[Stored items]
○ ○ ○ ○ ○

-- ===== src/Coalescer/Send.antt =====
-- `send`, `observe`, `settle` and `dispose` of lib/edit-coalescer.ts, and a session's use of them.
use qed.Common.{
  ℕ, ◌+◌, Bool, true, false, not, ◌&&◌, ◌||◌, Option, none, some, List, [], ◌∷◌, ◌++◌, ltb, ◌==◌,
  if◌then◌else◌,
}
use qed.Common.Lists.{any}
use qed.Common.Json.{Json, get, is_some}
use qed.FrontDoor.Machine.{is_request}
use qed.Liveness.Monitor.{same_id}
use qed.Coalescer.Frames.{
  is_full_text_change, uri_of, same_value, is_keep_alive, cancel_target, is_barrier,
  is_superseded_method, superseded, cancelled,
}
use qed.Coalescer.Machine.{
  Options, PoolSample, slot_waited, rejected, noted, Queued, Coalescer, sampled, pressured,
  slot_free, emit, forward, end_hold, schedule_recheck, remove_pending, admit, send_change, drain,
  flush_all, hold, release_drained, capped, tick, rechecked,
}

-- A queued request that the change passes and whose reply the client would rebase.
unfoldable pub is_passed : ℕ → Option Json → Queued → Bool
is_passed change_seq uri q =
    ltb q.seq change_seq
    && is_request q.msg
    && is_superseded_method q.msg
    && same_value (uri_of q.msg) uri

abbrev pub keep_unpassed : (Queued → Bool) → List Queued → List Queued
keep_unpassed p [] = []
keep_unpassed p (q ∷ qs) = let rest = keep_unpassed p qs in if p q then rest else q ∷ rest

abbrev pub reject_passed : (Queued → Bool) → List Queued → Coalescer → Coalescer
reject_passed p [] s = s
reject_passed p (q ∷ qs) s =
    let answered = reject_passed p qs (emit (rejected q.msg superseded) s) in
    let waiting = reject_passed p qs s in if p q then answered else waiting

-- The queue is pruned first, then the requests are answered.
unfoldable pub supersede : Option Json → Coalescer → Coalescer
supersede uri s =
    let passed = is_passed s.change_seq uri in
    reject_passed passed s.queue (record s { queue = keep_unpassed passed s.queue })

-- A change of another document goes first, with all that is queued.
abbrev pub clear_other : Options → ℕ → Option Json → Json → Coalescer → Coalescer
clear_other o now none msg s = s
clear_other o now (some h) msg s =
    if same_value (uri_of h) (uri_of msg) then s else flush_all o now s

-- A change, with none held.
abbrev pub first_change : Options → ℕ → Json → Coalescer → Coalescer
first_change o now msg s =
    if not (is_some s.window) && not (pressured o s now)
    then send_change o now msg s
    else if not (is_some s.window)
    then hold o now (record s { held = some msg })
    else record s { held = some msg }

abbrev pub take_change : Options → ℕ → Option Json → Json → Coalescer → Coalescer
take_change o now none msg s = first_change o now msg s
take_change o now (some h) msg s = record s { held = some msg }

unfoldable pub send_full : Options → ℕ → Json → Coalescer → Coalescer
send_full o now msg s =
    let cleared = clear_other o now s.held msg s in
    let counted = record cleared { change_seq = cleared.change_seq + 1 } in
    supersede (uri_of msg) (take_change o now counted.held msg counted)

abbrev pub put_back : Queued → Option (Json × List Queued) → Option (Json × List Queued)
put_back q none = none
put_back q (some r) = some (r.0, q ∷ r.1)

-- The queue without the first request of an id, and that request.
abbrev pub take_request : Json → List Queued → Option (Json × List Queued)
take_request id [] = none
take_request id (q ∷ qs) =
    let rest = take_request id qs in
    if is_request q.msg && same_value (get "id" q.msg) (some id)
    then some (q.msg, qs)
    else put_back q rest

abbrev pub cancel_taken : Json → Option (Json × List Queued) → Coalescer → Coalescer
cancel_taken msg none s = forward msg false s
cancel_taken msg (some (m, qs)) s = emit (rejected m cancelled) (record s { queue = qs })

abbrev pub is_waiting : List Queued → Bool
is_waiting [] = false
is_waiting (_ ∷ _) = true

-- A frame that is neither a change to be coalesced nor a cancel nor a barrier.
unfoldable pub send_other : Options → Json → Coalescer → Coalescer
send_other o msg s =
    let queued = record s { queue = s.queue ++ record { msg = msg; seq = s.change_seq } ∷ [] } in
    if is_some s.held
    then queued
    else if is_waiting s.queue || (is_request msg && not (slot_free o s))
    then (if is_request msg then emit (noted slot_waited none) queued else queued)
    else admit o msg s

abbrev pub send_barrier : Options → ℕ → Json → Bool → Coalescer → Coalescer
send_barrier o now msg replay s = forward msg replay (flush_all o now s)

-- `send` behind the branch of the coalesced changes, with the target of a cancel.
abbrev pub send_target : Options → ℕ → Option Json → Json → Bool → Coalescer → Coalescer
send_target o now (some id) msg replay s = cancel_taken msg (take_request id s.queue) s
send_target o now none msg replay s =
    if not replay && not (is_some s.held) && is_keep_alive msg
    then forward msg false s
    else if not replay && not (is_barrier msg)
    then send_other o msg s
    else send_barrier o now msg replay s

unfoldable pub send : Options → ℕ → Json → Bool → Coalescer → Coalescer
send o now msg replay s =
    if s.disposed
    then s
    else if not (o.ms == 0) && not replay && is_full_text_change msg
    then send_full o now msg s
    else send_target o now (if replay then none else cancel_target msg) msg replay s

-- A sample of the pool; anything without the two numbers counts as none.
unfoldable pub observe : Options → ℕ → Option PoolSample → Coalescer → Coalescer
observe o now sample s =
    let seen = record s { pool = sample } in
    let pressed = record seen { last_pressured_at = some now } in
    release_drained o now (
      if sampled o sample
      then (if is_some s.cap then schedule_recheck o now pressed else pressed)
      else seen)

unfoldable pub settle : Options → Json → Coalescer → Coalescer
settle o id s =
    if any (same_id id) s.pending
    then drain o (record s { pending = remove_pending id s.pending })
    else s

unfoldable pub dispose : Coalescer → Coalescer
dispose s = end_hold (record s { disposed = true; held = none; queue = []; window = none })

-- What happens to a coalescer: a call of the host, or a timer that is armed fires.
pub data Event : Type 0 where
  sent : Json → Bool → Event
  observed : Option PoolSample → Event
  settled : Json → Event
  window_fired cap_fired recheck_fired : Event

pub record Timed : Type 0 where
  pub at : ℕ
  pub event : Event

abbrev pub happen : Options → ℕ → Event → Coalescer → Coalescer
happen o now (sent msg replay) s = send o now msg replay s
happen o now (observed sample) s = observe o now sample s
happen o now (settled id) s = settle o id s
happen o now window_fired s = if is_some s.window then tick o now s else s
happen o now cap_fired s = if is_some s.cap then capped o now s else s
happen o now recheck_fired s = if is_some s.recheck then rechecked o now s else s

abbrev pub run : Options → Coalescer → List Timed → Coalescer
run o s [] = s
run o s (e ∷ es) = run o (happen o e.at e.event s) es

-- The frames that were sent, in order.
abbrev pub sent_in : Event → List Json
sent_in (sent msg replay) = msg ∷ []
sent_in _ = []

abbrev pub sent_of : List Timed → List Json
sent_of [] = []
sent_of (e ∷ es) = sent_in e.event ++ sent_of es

○ ○ ○ ○ ○

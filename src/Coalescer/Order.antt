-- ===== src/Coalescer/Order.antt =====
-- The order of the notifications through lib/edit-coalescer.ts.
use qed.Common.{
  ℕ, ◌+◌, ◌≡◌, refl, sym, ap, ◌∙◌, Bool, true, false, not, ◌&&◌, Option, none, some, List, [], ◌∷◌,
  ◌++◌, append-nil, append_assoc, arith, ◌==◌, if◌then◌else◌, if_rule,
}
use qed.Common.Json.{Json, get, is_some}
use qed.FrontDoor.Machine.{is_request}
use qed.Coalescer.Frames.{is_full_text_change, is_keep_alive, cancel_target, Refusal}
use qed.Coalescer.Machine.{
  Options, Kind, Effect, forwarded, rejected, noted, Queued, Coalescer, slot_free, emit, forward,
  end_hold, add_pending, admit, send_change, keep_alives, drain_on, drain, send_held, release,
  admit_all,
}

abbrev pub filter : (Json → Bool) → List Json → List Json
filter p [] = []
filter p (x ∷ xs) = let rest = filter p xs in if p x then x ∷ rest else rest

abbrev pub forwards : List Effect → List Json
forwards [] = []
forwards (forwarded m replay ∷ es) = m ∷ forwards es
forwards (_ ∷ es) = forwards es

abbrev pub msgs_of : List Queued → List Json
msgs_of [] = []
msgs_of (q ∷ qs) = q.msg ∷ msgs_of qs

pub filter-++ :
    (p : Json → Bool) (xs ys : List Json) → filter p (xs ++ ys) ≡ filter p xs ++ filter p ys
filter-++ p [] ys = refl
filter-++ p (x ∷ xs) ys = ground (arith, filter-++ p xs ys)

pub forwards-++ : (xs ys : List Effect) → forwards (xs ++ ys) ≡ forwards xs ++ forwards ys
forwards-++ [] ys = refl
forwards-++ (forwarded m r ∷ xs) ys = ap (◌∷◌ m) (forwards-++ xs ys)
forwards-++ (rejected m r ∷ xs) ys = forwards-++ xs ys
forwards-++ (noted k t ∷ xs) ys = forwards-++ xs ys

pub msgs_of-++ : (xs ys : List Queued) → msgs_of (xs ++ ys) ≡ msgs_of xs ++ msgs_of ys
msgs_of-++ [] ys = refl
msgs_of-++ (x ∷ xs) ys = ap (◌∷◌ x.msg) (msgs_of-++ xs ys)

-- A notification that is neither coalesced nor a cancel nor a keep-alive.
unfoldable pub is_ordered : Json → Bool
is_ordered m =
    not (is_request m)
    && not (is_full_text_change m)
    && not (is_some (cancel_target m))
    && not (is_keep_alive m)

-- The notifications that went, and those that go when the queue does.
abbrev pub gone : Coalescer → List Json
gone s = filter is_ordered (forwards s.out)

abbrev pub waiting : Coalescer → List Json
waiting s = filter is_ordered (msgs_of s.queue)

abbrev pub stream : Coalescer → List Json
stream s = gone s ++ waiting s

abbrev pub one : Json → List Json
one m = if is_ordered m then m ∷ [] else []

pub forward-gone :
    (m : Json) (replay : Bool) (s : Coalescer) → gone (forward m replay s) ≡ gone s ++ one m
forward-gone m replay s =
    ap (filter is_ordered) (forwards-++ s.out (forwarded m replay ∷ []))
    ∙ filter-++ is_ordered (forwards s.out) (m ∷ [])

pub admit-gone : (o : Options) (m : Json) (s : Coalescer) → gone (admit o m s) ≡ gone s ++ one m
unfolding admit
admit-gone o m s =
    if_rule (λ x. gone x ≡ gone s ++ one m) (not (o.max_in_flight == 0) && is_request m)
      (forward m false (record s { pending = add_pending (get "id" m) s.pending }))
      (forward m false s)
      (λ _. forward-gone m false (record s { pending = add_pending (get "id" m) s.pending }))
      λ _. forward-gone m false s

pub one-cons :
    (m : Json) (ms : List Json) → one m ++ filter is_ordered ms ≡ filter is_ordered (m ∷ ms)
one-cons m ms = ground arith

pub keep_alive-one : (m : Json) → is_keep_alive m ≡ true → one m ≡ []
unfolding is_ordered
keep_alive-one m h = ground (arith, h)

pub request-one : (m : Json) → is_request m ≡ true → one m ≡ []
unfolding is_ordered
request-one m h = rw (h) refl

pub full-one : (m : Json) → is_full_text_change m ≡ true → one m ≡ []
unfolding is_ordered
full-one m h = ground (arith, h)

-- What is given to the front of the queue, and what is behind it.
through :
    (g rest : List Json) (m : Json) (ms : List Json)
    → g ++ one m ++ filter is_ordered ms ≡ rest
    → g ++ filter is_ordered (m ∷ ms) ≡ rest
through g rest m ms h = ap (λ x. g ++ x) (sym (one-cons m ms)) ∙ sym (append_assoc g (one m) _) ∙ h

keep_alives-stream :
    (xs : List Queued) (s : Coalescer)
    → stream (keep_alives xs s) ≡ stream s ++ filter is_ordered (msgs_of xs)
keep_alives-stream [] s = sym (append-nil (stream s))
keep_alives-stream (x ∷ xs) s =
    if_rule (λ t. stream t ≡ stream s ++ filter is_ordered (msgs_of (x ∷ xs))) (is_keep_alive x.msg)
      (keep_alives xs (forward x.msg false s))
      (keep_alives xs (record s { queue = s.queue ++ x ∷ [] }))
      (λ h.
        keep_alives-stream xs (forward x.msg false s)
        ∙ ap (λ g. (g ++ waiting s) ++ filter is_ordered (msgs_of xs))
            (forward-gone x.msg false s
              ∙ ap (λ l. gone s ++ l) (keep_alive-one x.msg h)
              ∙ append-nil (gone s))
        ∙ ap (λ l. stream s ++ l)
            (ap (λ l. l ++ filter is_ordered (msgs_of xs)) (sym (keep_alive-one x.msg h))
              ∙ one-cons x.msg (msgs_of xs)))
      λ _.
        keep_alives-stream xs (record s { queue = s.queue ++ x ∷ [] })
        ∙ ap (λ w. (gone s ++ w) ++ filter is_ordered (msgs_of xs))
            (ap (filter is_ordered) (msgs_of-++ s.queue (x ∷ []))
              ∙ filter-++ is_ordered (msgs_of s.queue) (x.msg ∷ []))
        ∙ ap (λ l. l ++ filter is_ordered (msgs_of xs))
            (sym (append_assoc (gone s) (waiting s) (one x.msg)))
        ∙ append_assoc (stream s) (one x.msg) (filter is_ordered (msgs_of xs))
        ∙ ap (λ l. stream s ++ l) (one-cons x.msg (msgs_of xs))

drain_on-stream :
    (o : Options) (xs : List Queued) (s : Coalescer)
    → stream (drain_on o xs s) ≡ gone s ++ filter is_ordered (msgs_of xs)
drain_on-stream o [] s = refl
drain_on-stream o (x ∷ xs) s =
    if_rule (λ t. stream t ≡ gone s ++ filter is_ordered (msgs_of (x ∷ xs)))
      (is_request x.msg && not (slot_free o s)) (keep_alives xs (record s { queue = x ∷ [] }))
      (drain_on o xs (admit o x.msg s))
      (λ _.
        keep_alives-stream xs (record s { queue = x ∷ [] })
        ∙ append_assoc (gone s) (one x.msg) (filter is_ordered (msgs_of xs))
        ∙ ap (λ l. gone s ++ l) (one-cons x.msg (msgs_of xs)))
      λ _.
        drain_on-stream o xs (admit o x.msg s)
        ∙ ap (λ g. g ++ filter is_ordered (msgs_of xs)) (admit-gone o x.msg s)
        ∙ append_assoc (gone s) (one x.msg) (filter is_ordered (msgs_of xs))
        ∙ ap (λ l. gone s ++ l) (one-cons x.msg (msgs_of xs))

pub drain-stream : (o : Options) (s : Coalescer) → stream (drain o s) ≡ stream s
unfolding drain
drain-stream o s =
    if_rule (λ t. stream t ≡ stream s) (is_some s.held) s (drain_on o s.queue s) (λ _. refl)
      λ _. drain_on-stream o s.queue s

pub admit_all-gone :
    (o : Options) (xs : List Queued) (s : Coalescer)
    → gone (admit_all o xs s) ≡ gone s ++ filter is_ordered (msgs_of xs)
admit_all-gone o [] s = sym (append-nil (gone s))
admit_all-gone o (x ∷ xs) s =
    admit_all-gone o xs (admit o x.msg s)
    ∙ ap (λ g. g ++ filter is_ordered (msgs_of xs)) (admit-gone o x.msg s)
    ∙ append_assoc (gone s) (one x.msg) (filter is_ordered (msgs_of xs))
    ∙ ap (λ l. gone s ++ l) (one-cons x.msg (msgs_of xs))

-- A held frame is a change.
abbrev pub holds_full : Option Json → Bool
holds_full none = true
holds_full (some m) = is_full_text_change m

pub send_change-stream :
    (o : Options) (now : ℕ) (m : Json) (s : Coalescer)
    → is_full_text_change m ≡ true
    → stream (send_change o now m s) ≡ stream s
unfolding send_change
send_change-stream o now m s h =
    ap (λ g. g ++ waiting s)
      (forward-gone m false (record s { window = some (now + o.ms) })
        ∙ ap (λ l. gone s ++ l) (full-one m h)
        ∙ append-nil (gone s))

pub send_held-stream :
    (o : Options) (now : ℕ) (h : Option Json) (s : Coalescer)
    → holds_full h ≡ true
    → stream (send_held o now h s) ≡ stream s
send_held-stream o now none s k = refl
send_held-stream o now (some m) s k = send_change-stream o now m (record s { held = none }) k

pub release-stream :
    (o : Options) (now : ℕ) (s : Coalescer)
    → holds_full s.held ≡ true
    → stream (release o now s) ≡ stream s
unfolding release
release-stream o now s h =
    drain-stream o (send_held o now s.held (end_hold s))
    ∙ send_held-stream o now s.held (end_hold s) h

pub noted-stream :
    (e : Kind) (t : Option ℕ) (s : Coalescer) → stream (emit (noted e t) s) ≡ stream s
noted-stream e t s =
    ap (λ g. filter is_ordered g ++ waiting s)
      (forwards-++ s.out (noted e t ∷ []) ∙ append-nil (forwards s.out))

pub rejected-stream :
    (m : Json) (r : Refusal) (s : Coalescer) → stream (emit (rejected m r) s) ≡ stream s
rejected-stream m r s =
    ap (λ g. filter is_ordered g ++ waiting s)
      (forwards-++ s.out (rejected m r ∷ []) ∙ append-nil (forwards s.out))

○ ○ ○ ○ ○

◆ Goal of the exercise
Lines from the entries that contain the string "Timed" must be found and copied.

◆ Answer for the task
pub record Timed : Type 0 where
abbrev pub run : Options → Coalescer → List Timed → Coalescer
abbrev pub sent_of : List Timed → List Json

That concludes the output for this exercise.